*WORK REQUEST*
Go through the listing and pick out each line with the word "stops" in it.

*GIVEN INFORMATION*
★ ★ ★ ★ ★ ★ ★

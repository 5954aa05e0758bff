-- ===== src/Mm/Flags.antt =====
-- The flags of uapi/asm-generic/mman.h that do_mmap of mm/mmap.c reads.
use vd2024_so2_private_code.Base.{ℕ}

abbrev pub prot_read : ℕ
prot_read = 1

abbrev pub prot_write : ℕ
prot_write = 2

abbrev pub prot_exec : ℕ
prot_exec = 4

abbrev pub map_private : ℕ
map_private = 2

abbrev pub map_shared_validate : ℕ
map_shared_validate = 3

abbrev pub map_type : ℕ
map_type = 0xf

abbrev pub map_fixed_noreplace : ℕ
map_fixed_noreplace = 0x100000

abbrev pub map_locked : ℕ
map_locked = 0x2000

abbrev pub map_noreserve : ℕ
map_noreserve = 0x4000

abbrev pub map_populate : ℕ
map_populate = 0x8000

abbrev pub map_nonblock : ℕ
map_nonblock = 0x10000
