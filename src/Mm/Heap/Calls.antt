-- ===== src/Mm/Heap/Calls.antt =====
-- vm_brk_flags: a range of the process becomes anonymous memory.
use vd2024_so2_private_code.Base.{
  ℕ, ◌+◌, ◌%◌, ◌^◌, ◌<◌, ◌≡◌, ◌⊎◌, inl, inr, refl, sym, ap, ◌∙◌, Option, none, some, Bool, true,
  false, ◌&&◌, ltb, leb, ◌==◌, if◌then◌else◌, arith, page_align, bit_and, is_set, ℤ, pos, neg,
  ◌==ℤ◌, if_lem, Bool-cases, Option-cases, eintr,
}
use vd2024_so2_private_code.Mm.Types.{MmStruct, has, complement, vm_exec, vm_locked}
use vd2024_so2_private_code.Mm.Brk.{check_brk_limits, mm_populate}
use vd2024_so2_private_code.Mm.Brk.Answer.{AreaTotal, check_brk_limits-some}
use vd2024_so2_private_code.Mm.Space.{Space, mmap_write_lock_killable, mmap_write_unlock}
use vd2024_so2_private_code.Mm.Vmas.{Page, page}
use vd2024_so2_private_code.Mm.Vmas.Empty.{page-IsApart}
use vd2024_so2_private_code.Mm.Vmas.Accounted.{IsAccounted, IsAccounted-of}
use vd2024_so2_private_code.Mm.Unmap.{do_vmi_munmap}
use vd2024_so2_private_code.Mm.Unmap.First.{IsUnmapped}
use vd2024_so2_private_code.Mm.Unmap.Calls.{IsUnmapEnv, Decides, do_vmi_munmap-Decides}
use vd2024_so2_private_code.Mm.Heap.{
  HeapEnv, brk_flags, do_brk_flags, as_int, unlock_and, populate_heap, brk_after_munmap,
  brk_with_limits, lock_and_brk, vm_brk_flags,
}
use vd2024_so2_private_code.Mm.Heap.Grow.{heap_page}
use vd2024_so2_private_code.Mm.Heap.Ops.{IsGiven, do_brk_flags-Grows}

unmapped_in : (b : Bool) (x y : Option Page) → b ≡ true → x ≡ (if b then none else y) → x ≡ none
unmapped_in true x y h k = k
unmapped_in false x y h k = absurd (ground (arith, h))

-- A page that came to a range after it was unmapped.
page_over :
    (b : Bool) (x y z : Option Page) (p q : Page)
    → x ≡ (if b then some p else y)
    → y ≡ (if b then none else z)
    → p ≡ q
    → x ≡ (if b then some q else z)
page_over true x y z p q h k e = h ∙ ap (λ p. some p) e
page_over false x y z p q h k e = h ∙ k

-- What vm_brk_flags answers and leaves, with the lock free. An error leaves each address its page,
-- unless the range was unmapped before the memory was refused.
abbrev pub Brks : HeapEnv → ℕ → ℕ → ℕ → Space → Option (ℤ × Space) → Type 0
Brks e addr len flags s none = ⊥
Brks e addr len flags s (some (r, s')) =
    (s'.mmap_lock ≡ false)
    × (s'.kernel ≡ s.kernel)
    × IsAccounted s'
    × ((((r ==ℤ pos 0) ≡ false) × ((addr' : ℕ) → page s'.vmas addr' ≡ page s.vmas addr'))
        ⊎ (((r ==ℤ pos 0) ≡ false)
            × ((a : ℕ)
                → page s'.vmas a
                  ≡ (if leb addr a && ltb a (addr + len) then none else page s.vmas a)))
        ⊎ ((r ≡ pos 0)
            × ((a : ℕ)
                → page s'.vmas a ≡ (
                    if leb addr a && ltb a (addr + len)
                    then some (heap_page (brk_flags e s.mm flags) a)
                    else page s.vmas a))))

module _ (e : HeapEnv) (env : IsUnmapEnv e.unmap) where
  -- The end of a call that had the lock keeps the vmas, the counters and the limits.
  abbrev Unlocks : ℤ → Space → Option (ℤ × Space) → Type 0
  Unlocks r s none = ⊥
  Unlocks r s (some (r', s')) =
      (r' ≡ r)
      × (s'.mmap_lock ≡ false)
      × (s'.kernel ≡ s.kernel)
      × (s'.vmas ≡ s.vmas)
      × (s'.mm ≡ s.mm)

  unlock_and-Unlocks : (r : ℤ) (s : Space) → s.mmap_lock ≡ true → Unlocks r s (unlock_and e r s)
  unfolding unlock_and mmap_write_unlock
  unlock_and-Unlocks r s h = rw h (refl, refl, refl, refl, refl)

  populate_heap-Unlocks :
      (addr len : ℕ) (r : ℤ) (s : Space)
      → s.mmap_lock ≡ true
      → Unlocks r s (populate_heap e addr len (r, s))
  unfolding populate_heap mmap_write_unlock mm_populate
  populate_heap-Unlocks addr len r s h =
      elim (Bool-cases (has s.mm.def_flags vm_locked && (r ==ℤ pos 0))) [
        | inl populates ↦ rw (populates, h) (refl, refl, refl, refl, refl)
        | inr plain ↦ rw (plain, h) (refl, refl, refl, refl, refl)
      ]

  -- What was so before the lock was dropped.
  Unlocks-Brks :
      (addr len flags : ℕ) (r : ℤ) (s s' : Space) (o : Option (ℤ × Space))
      → Unlocks r s' o
      → s'.kernel ≡ s.kernel
      → IsAccounted s'
      → ((((r ==ℤ pos 0) ≡ false) × ((a : ℕ) → page s'.vmas a ≡ page s.vmas a))
          ⊎ (((r ==ℤ pos 0) ≡ false)
              × ((a : ℕ)
                  → page s'.vmas a
                    ≡ (if leb addr a && ltb a (addr + len) then none else page s.vmas a)))
          ⊎ ((r ≡ pos 0)
              × ((a : ℕ)
                  → page s'.vmas a ≡ (
                      if leb addr a && ltb a (addr + len)
                      then some (heap_page (brk_flags e s.mm flags) a)
                      else page s.vmas a))))
      → Brks e addr len flags s o
  Unlocks-Brks addr len flags r s s' none u k acc cases = absurd u
  Unlocks-Brks addr len flags r s s' (some (r', s'')) (same, free, kernel, vmas, mm) k acc cases =
      (free, kernel ∙ k, IsAccounted-of s' s'' vmas mm acc, rw (same, vmas) cases)

  prev-IsGiven :
      (addr len : ℕ) (s : Space)
      → addr % 4096 ≡ 0
      → len % 4096 ≡ 0
      → 0 < len
      → addr + len < 2 ^ 64
      → IsAccounted s
      → IsGiven (e.unmap.split.tree.vma_prev addr s.vmas) s
  prev-IsGiven addr len s low whole n high acc =
      elim (Option-cases (e.unmap.split.tree.vma_prev addr s.vmas)) [
        | inl missing ↦ rw missing tt
        | inr (vma, found) ↦ rw found ((env.tree.prev addr s.vmas vma acc.ordered found).0)
      ]

  brk_flags_same :
      (flags : ℕ) (a b : MmStruct)
      → a.def_flags ≡ b.def_flags
      → brk_flags e a flags ≡ brk_flags e b flags
  unfolding brk_flags
  brk_flags_same flags a b h = ground (arith, h)

  -- The range was unmapped: the memory is given or refused.
  grown-Brks :
      (addr len flags : ℕ) (s s1 : Space)
      → addr % 4096 ≡ 0
      → len % 4096 ≡ 0
      → 0 < len
      → addr + len < 2 ^ 64
      → s.committed < 2 ^ 64
      → IsUnmapped addr (addr + len) false (record s { mmap_lock = true }) s1
      → Brks e addr len flags s (
          populate_heap e addr len
            (do_brk_flags e (e.unmap.split.tree.vma_prev addr s1.vmas) addr len flags s1))
  grown-Brks addr len flags s s1 low whole n high c h =
      let vma = e.unmap.split.tree.vma_prev addr s1.vmas in
      let apart =
        page-IsApart addr (addr + len) s1.vmas (omega arith) h.accounted.ordered (λ a inside.
          unmapped_in (leb addr a && ltb a (addr + len)) (page s1.vmas a) (page s.vmas a) inside
            (h.page a)) in
      let grows =
        do_brk_flags-Grows e env.tree addr len low whole n high vma flags s1 h.accounted apart
          (h.committed c) (prev-IsGiven addr len s1 low whole n high h.accounted) in
      let (r, s2) = do_brk_flags e vma addr len flags s1 in
      elim grows [
        | inl (failed, same) ↦
            Unlocks-Brks addr len flags r s s2 (populate_heap e addr len (r, s2))
              (populate_heap-Unlocks addr len r s2 (rw same h.lock)) (rw same h.kernel)
              (rw same h.accounted) (inr (inl (rw failed refl, rw same h.page)))
        | inr (ok, mapped, charge) ↦
            Unlocks-Brks addr len flags r s s2 (populate_heap e addr len (r, s2))
              (populate_heap-Unlocks addr len r s2 (mapped.lock ∙ h.lock))
              (mapped.kernel ∙ h.kernel) mapped.accounted
              (inr (
                inr (
                  ok,
                  λ a.
                      page_over (leb addr a && ltb a (addr + len)) (page s2.vmas a) (page s1.vmas a)
                        (page s.vmas a) (heap_page (brk_flags e s1.mm flags) a)
                        (heap_page (brk_flags e s.mm flags) a) (mapped.page a) (h.page a)
                        (ap (λ f. heap_page f a) (brk_flags_same flags s1.mm s.mm h.def_flags)),
                )))
      ]

  brk_after_munmap-Brks :
      (addr len flags : ℕ) (s : Space) (result : ℤ × Space)
      → len % 4096 ≡ 0
      → len < 2 ^ 64
      → s.committed < 2 ^ 64
      → IsAccounted s
      → Decides e.unmap addr len false (record s { mmap_lock = true }) result
      → Brks e addr len flags s (brk_after_munmap e addr len flags result)
  unfolding brk_after_munmap
  brk_after_munmap-Brks addr len flags s (r, s1) whole small c acc (inl (bad, refused, same)) =
      let failed : (r ==ℤ pos 0) ≡ false = rw refused refl in
      rw failed (
        Unlocks-Brks addr len flags r s s1 (unlock_and e r s1)
          (unlock_and-Unlocks r s1 (rw same refl)) (rw same refl)
          (rw same (IsAccounted-of s (record s { mmap_lock = true }) refl refl acc))
          (inl (failed, rw same (λ a. refl))))
  brk_after_munmap-Brks addr len flags s (r, s1) whole small c acc
        (inr (range, inl (failed, kept))) =
      rw failed (
        Unlocks-Brks addr len flags r s s1 (unlock_and e r s1) (unlock_and-Unlocks r s1 kept.lock)
          kept.kernel kept.accounted (inl (failed, kept.page)))
  brk_after_munmap-Brks addr len flags s (r, s1) whole small c acc (inr (range, inr (ok, h))) =
      let size = env.size in
      let same : page_align len ≡ len = omega (arith, range.2) in
      rw ok (
        grown-Brks addr len flags s s1 range.0 whole range.1 (omega (arith, range.2)) c
          (rw (sym same) h))

  as_int-fails : (error : ℕ) → is_set error ≡ true → (as_int e error ==ℤ pos 0) ≡ false
  unfolding as_int
  as_int-fails error h = ground (arith, h)

  brk_with_limits-Brks :
      (addr len flags error : ℕ) (s : Space)
      → addr < 2 ^ 64
      → len % 4096 ≡ 0
      → len < 2 ^ 64
      → s.committed < 2 ^ 64
      → IsAccounted s
      → Brks e addr len flags s
          (brk_with_limits e addr len flags (some error) (record s { mmap_lock = true }))
  unfolding brk_with_limits
  brk_with_limits-Brks addr len flags error s ha whole small c acc =
      let t = record s { mmap_lock = true } in
      let acc' : IsAccounted t = IsAccounted-of s t refl refl acc in
      if_lem (Brks e addr len flags s) (is_set error) (unlock_and e (as_int e error) t)
        (brk_after_munmap e addr len flags (do_vmi_munmap e.unmap addr len false t))
        (λ refused.
          Unlocks-Brks addr len flags (as_int e error) s t (unlock_and e (as_int e error) t)
            (unlock_and-Unlocks (as_int e error) t refl) refl acc'
            (inl (as_int-fails error refused, λ a. refl)))
        (λ allowed.
          brk_after_munmap-Brks addr len flags s (do_vmi_munmap e.unmap addr len false t) whole
            small c acc (do_vmi_munmap-Decides e.unmap env addr len false t ha small acc'))

  locked_brk_lem :
      (addr len flags : ℕ) (s : Space)
      → AreaTotal e.brk
      → addr < 2 ^ 64
      → len % 4096 ≡ 0
      → len < 2 ^ 64
      → s.committed < 2 ^ 64
      → IsAccounted s
      → Brks e addr len flags s (
          brk_with_limits e addr len flags
            (check_brk_limits e.brk s.mm addr len)
            (record s { mmap_lock = true }))
  locked_brk_lem addr len flags s total ha whole small c acc =
      let (error, checked) = check_brk_limits-some e.brk s.mm addr len total in
      rw checked (brk_with_limits-Brks addr len flags error s ha whole small c acc)

  lock_and_brk-stops :
      (addr len flags : ℕ) (s : Space)
      → e.unmap.interrupted ≡ true
      → lock_and_brk e addr len flags s ≡ some (neg eintr, s)
  unfolding lock_and_brk mmap_write_lock_killable
  lock_and_brk-stops addr len flags s h = rw h refl

  lock_and_brk-waits :
      (addr len flags : ℕ) (s : Space)
      → e.unmap.interrupted ≡ false
      → s.mmap_lock ≡ false
      → lock_and_brk e addr len flags s
        ≡ brk_with_limits e addr len flags
            (check_brk_limits e.brk s.mm addr len)
            (record s { mmap_lock = true })
  unfolding lock_and_brk mmap_write_lock_killable
  lock_and_brk-waits addr len flags s h k = ground (arith, h, k)

  lock_and_brk-Brks :
      (addr len flags : ℕ) (s : Space)
      → AreaTotal e.brk
      → addr < 2 ^ 64
      → len % 4096 ≡ 0
      → len < 2 ^ 64
      → s.mmap_lock ≡ false
      → s.committed < 2 ^ 64
      → IsAccounted s
      → Brks e addr len flags s (lock_and_brk e addr len flags s)
  lock_and_brk-Brks addr len flags s total ha whole small free c acc =
      elim (Bool-cases e.unmap.interrupted) [
        | inl stopped ↦
            rw (lock_and_brk-stops addr len flags s stopped)
              (free, refl, acc, inl (refl, λ a. refl))
        | inr waits ↦
            rw (lock_and_brk-waits addr len flags s waits free)
              (locked_brk_lem addr len flags s total ha whole small c acc)
      ]

  -- vm_brk_flags always returns with the lock free. Unless it fails, exactly the range of the pages
  -- of the request is anonymous memory with the flags of the heap. A failure leaves each address its
  -- page, or, when the memory is refused, the range unmapped. The counters agree with the vmas.
  pub vm_brk_flags-Brks :
      (addr request flags : ℕ) (s : Space)
      → AreaTotal e.brk
      → addr < 2 ^ 64
      → s.mmap_lock ≡ false
      → s.committed < 2 ^ 64
      → IsAccounted s
      → Brks e addr (page_align request) flags s (vm_brk_flags e addr request flags s)
  unfolding vm_brk_flags
  vm_brk_flags-Brks addr request flags s total ha free c acc =
      let len = page_align request in
      let same = λ (a : ℕ). refl {a = page s.vmas a} in
      elim (Bool-cases (ltb len request)) [
        | inl wraps ↦ rw wraps (free, refl, acc, inl (refl, same))
        | inr fits ↦ elim (Bool-cases (len == 0)) [
          | inl empty ↦
              let none_in : (a : ℕ) → (leb addr a && ltb a (addr + len)) ≡ false =
                λ a. ground (arith, empty) in
              rw (fits, empty) (free, refl, acc, inr (inr (refl, λ a. rw (none_in a) refl)))
          | inr some_pages ↦ elim (Bool-cases (is_set (bit_and flags (complement vm_exec)))) [
            | inl refused ↦ rw (fits, some_pages, refused) (free, refl, acc, inl (refl, same))
            | inr fine ↦
                rw (fits, some_pages, fine)
                  (lock_and_brk-Brks addr len flags s total ha (omega arith) (omega arith) free c
                    acc)
          ]
        ]
      ]
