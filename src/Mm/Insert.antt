-- ===== src/Mm/Insert.antt =====
-- mm/mmap.c, vma_link and insert_vm_struct: a vma that is ready is put among the others. The reverse
-- map of its file is left out.
pub mod Answer
use vd2024_so2_private_code.Base.{
  ℕ, ◌+◌, ◌/◌, ◌^◌, ◌%◌, List, Option, none, some, Bool, true, false, ◌&&◌, if◌then◌else◌, is_some,
  ℤ, pos, neg, ◌==ℤ◌, add64, shr_page, enomem,
}
use vd2024_so2_private_code.Mm.Types.{Vma, MmStruct, has, vm_account}
use vd2024_so2_private_code.Mm.Merge.{vma_pages}
use vd2024_so2_private_code.Mm.Space.{Space}
use vd2024_so2_private_code.Mm.Vmas.{MapleTree}
use vd2024_so2_private_code.Mm.Split.{count_vma}
use vd2024_so2_private_code.Mm.Unmap.{vm_unacct_memory}

-- The tree, whether there is no memory for its nodes, and the overcommit accounting, which charges
-- the pages that it does not refuse.
pub record InsertEnv : Type 0 where
  pub tree : MapleTree
  pub vma_iter_prealloc : List Vma → Vma → Bool
  pub security_vm_enough_memory_mm : ℕ → ℕ → Bool

-- `if (vma->vm_flags & VM_ACCOUNT)` around a charge and its opposite.
pub charge : Vma → Space → Space
charge vma s = record s {
  committed =
      if has vma.vm_flags vm_account then add64 s.committed (vma_pages vma) else s.committed;
}

pub uncharge : Vma → Space → Space
uncharge vma s = if has vma.vm_flags vm_account then vm_unacct_memory (vma_pages vma) s else s

pub finish_insert : Vma → ℤ × Space → ℤ × Space
finish_insert vma (r, s) = if r ==ℤ pos 0 then (pos 0, s) else (neg enomem, uncharge vma s)

-- vma_is_anonymous(vma): the BUG_ON is a fault.
unfoldable pub place_vma : Vma → Option Vma
place_vma vma = elim vma.vm_ops [
  | some ops ↦ some vma
  | none ↦
      if is_some vma.anon_vma then none else some (record vma { vm_pgoff = shr_page vma.vm_start })
]

module _ (e : InsertEnv) where
  pub vma_link : Vma → Space → ℤ × Space
  vma_link vma s =
      if e.vma_iter_prealloc s.vmas vma
      then (neg enomem, s)
      else (pos 0, count_vma (record s { vmas = e.tree.vma_iter_store vma s.vmas }))

  pub insert_charged : Vma → Space → Option (ℤ × Space)
  insert_charged vma s = elim (place_vma vma) [
    | none ↦ none
    | some placed ↦ some (finish_insert placed (vma_link placed s))
  ]

  pub insert_vm_struct : Vma → Space → Option (ℤ × Space)
  insert_vm_struct vma s =
      if is_some (e.tree.vma_find vma.vm_start vma.vm_end s.vmas)
      then some (neg enomem, s)
      else (if has vma.vm_flags vm_account
            && e.security_vm_enough_memory_mm (vma_pages vma) s.committed
          then some (neg enomem, s)
          else insert_charged vma (charge vma s))
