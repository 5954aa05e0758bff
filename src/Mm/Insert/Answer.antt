-- ===== src/Mm/Insert/Answer.antt =====
-- insert_vm_struct: a vma is put where there was none, or nothing changes.
use vd2024_so2_private_code.Base.{
  ◌+◌, ◌^◌, ◌<◌, ◌≡◌, ◌⊎◌, inl, inr, refl, ap, Option, none, some, ◌&&◌, if◌then◌else◌, arith,
  add64, sub64, ℤ, pos, neg, Bool-cases, Option-cases, is_some, enomem,
}
use vd2024_so2_private_code.Mm.Types.{Vma, VmOps, has, vm_account}
use vd2024_so2_private_code.Mm.Merge.{vma_pages}
use vd2024_so2_private_code.Mm.Space.{Space}
use vd2024_so2_private_code.Mm.Vmas.{All, IsVma, IsApart, IsMapleTree}
use vd2024_so2_private_code.Mm.Vmas.Store.{IsStored, free-fits, free-IsStored}
use vd2024_so2_private_code.Mm.Vmas.Accounted.{IsAccounted, map_count-le}
use vd2024_so2_private_code.Mm.Split.{count_vma}
use vd2024_so2_private_code.Mm.Unmap.{vm_unacct_memory}
use vd2024_so2_private_code.Mm.Insert.{
  InsertEnv, vma_link, charge, uncharge, finish_insert, place_vma, insert_charged, insert_vm_struct,
}

-- The vma `v` is among the others, counted and, with VM_ACCOUNT, charged; the page counters are left
-- to the caller.
pub record IsInserted (v : Vma) (s s' : Space) : Type 0 where
  pub stored : IsStored v (λ f. 0) s.vmas s'.vmas
  pub count : s'.mm.map_count ≡ s.mm.map_count + 1
  pub total_vm : s'.mm.total_vm ≡ s.mm.total_vm
  pub locked_vm : s'.mm.locked_vm ≡ s.mm.locked_vm
  pub brk : s'.mm.brk ≡ s.mm.brk
  pub def_flags : s'.mm.def_flags ≡ s.mm.def_flags
  pub lock : s'.mmap_lock ≡ s.mmap_lock
  pub kernel : s'.kernel ≡ s.kernel
  pub committed :
      s'.committed
      ≡ (if has v.vm_flags vm_account then add64 s.committed (vma_pages v) else s.committed)

abbrev pub Inserts : Vma → Space → Option (ℤ × Space) → Type 0
Inserts v s none = ⊥
Inserts v s (some (r, s')) = ((r ≡ neg enomem) × (s' ≡ s)) ⊎ ((r ≡ pos 0) × IsInserted v s s')

-- Where a vma lies and its flags do not depend on whether it is anonymous.
place_vma-same :
    (vma v : Vma)
    → place_vma vma ≡ some v
    → (v.vm_start ≡ vma.vm_start) × (v.vm_end ≡ vma.vm_end) × (v.vm_flags ≡ vma.vm_flags)
unfolding place_vma
place_vma-same vma v h = elim (Option-cases vma.vm_ops) [
  | inl anonymous ↦ elim (Bool-cases (is_some vma.anon_vma)) [
    | inl shared ↦ ground (arith, anonymous, shared, h)
    | inr fresh ↦ ground (arith, anonymous, fresh, h)
  ]
  | inr (ops, has_ops) ↦ ground (arith, has_ops, h)
]

-- A vma with operations is taken as it is.
pub place_vma_with_ops :
    (vma : Vma) (ops : VmOps) → vma.vm_ops ≡ some ops → place_vma vma ≡ some vma
unfolding place_vma
place_vma_with_ops vma ops h = rw h refl

uncharge-charge :
    (vma v : Vma) (s : Space)
    → place_vma vma ≡ some v
    → s.committed < 2 ^ 64
    → uncharge v (charge vma s) ≡ s
unfolding uncharge charge vm_unacct_memory
uncharge-charge vma v s h bound =
    let (a, b, c) = place_vma-same vma v h in
    let back : sub64 (add64 s.committed (vma_pages vma)) (vma_pages vma) ≡ s.committed =
      omega arith in
    elim (Bool-cases (has vma.vm_flags vm_account)) [
      | inl charged ↦ rw (a, b, c, charged) (ap (λ x. record s { committed = x }) back)
      | inr free ↦ rw (c, free) refl
    ]

module _ (e : InsertEnv) (laws : IsMapleTree e.tree) (vma v : Vma) (placed : place_vma vma ≡ some v)
    (good : IsVma vma) (s : Space) (acc : IsAccounted s) (bound : s.committed < 2 ^ 64) where
  linked-IsInserted :
      All (IsApart vma.vm_start vma.vm_end) s.vmas
      → IsInserted v s
          (count_vma (record (charge vma s) { vmas = e.tree.vma_iter_store v (charge vma s).vmas }))
  unfolding count_vma charge
  linked-IsInserted apart =
      let vs = s.vmas in
      let (start, end, flags) = place_vma-same vma v placed in
      let good' : IsVma v = rw (start, end) good in
      let apart' : All (IsApart v.vm_start v.vm_end) vs = rw (start, end) apart in
      let law = laws.store v vs acc.ordered (free-fits v good' vs acc.ordered apart') in
      let stored = free-IsStored v good' vs acc.ordered apart' in
      record {
        stored = rw law stored;
        count = omega (arith, map_count-le s acc);
        total_vm = refl;
        locked_vm = refl;
        brk = refl;
        def_flags = refl;
        lock = refl;
        kernel = refl;
        committed = rw (start, end, flags) refl;
      }

  finish-Inserts :
      All (IsApart vma.vm_start vma.vm_end) s.vmas
      → Inserts v s (insert_charged e vma (charge vma s))
  unfolding insert_charged finish_insert vma_link
  finish-Inserts apart =
      rw (insert_charged, placed)
        (elim (Bool-cases (e.vma_iter_prealloc (charge vma s).vmas v)) [
          | inl refused ↦ rw refused (inl (refl, uncharge-charge vma v s placed bound))
          | inr room ↦ rw room (inr (refl, linked-IsInserted apart))
        ])

  -- insert_vm_struct puts a vma of whole pages among the others where none of them meets it, with
  -- one vma more in the count and, with VM_ACCOUNT, its pages charged; or it fails with -ENOMEM, and
  -- nothing has changed, the charge included. The BUG_ON does not fire when the vma is not anonymous
  -- or has no anon_vma.
  pub insert_vm_struct-Inserts : Inserts v s (insert_vm_struct e vma s)
  unfolding insert_vm_struct
  insert_vm_struct-Inserts =
      let refused_by =
        has vma.vm_flags vm_account && e.security_vm_enough_memory_mm (vma_pages vma) s.committed in
      elim (Option-cases (e.tree.vma_find vma.vm_start vma.vm_end s.vmas)) [
        | inr (other, meets) ↦ rw meets (inl (refl, refl))
        | inl free ↦
            let apart = laws.find_none vma.vm_start vma.vm_end s.vmas acc.ordered free in
            elim (Bool-cases refused_by) [
              | inl refused ↦ rw (free, refused) (inl (refl, refl))
              | inr enough ↦ rw (free, enough) (finish-Inserts apart)
            ]
      ]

★ ★ ★ ★ ★ ★ ★

*THE ANSWER*
  lock_and_brk-stops :
  lock_and_brk-stops addr len flags s h = rw h refl
            rw (lock_and_brk-stops addr len flags s stopped)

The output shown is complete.